-- Supplied data follows --
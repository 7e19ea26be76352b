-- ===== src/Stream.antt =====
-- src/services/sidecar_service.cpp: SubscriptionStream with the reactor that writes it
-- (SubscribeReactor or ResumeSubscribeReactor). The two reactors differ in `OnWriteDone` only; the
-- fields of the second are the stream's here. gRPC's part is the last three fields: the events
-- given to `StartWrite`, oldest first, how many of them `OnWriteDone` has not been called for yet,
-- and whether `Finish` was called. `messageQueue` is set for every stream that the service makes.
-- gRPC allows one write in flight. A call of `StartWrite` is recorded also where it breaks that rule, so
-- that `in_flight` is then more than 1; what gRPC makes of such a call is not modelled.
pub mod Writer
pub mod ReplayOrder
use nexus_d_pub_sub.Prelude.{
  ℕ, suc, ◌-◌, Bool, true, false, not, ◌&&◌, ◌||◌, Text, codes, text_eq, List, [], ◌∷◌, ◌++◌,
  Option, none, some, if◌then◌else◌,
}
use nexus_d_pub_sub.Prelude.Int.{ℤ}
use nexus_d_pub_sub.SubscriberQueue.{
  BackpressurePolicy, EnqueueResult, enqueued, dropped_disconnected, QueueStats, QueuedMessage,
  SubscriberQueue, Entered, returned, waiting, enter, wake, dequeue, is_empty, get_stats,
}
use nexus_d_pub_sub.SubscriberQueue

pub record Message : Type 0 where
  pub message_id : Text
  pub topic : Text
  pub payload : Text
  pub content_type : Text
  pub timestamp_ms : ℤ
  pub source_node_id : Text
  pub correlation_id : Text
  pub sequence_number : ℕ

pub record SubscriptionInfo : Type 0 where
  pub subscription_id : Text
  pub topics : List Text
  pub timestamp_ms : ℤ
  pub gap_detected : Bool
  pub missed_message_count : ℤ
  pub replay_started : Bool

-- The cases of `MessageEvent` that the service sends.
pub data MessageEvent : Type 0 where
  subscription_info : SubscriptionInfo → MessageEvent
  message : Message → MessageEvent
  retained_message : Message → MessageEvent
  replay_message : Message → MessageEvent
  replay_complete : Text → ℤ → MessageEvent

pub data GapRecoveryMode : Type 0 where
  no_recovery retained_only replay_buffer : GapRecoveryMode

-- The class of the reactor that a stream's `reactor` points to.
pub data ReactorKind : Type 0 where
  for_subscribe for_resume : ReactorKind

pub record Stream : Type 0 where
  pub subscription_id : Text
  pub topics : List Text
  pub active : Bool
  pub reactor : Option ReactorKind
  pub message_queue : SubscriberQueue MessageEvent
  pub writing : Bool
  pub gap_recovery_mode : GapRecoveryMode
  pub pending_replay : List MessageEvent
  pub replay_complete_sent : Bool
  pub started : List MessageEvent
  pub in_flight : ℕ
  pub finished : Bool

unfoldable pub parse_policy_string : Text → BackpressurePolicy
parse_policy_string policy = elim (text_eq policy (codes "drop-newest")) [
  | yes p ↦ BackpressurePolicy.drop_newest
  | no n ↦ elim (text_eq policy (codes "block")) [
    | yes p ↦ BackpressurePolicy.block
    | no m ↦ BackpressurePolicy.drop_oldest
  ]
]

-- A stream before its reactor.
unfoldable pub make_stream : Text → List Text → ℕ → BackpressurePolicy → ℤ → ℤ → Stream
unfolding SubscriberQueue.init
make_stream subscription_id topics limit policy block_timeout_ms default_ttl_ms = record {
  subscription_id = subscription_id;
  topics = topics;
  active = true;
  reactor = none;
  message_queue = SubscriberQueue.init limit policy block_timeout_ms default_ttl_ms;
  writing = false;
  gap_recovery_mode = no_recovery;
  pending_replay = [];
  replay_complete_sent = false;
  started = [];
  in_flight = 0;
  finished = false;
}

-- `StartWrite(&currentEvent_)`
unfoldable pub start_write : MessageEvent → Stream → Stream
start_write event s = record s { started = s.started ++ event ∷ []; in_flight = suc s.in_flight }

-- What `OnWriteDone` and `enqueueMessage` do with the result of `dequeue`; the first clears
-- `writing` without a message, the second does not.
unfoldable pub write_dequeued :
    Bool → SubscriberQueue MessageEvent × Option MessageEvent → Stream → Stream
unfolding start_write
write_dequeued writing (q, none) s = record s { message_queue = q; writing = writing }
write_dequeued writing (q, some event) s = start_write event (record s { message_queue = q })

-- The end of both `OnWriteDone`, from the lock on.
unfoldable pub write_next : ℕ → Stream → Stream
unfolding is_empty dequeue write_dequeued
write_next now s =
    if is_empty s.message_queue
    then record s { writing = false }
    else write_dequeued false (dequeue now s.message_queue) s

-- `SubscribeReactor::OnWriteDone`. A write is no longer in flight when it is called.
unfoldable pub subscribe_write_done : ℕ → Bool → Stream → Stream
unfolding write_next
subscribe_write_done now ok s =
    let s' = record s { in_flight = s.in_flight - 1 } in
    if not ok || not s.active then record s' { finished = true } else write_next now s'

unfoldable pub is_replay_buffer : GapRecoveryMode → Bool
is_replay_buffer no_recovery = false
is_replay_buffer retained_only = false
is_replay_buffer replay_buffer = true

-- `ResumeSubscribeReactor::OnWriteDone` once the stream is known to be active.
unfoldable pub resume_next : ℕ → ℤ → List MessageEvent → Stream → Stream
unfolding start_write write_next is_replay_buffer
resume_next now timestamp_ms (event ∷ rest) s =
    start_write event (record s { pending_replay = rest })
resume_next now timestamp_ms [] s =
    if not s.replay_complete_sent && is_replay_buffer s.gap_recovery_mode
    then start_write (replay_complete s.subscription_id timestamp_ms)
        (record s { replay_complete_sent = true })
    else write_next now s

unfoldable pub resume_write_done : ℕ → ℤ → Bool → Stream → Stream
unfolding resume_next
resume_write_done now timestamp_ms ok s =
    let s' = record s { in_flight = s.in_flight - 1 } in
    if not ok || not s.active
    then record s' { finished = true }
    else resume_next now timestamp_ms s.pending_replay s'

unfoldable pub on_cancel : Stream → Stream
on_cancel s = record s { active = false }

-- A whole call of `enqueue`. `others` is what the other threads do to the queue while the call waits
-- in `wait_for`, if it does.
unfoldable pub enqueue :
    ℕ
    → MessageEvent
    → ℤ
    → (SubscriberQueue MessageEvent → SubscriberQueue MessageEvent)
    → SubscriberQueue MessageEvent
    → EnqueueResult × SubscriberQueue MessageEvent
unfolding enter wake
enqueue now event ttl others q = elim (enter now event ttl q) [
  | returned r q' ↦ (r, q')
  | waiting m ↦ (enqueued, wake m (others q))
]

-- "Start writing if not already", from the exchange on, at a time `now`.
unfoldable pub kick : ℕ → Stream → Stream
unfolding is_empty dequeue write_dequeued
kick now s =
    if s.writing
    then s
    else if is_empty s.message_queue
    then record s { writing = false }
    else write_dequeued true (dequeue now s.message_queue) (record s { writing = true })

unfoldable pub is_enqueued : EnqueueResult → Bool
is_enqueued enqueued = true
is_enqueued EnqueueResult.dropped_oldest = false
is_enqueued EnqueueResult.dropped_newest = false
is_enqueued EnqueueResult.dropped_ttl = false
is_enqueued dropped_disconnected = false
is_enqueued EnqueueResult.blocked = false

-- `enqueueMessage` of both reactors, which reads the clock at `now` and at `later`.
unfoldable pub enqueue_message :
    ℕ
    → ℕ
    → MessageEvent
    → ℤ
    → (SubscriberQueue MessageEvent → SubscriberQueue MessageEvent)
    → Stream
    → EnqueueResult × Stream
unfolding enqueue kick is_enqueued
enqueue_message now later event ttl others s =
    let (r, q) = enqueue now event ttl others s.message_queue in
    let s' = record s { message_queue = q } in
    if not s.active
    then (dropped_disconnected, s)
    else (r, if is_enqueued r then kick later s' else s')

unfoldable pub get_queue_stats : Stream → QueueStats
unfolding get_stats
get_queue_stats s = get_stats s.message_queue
-- Supplied data concluded --
**Task goal:**
Your answer should be the lines of the records that hold the string "SubscriptionInfo".

**Result:**
pub record SubscriptionInfo : Type 0 where
  subscription_info : SubscriptionInfo → MessageEvent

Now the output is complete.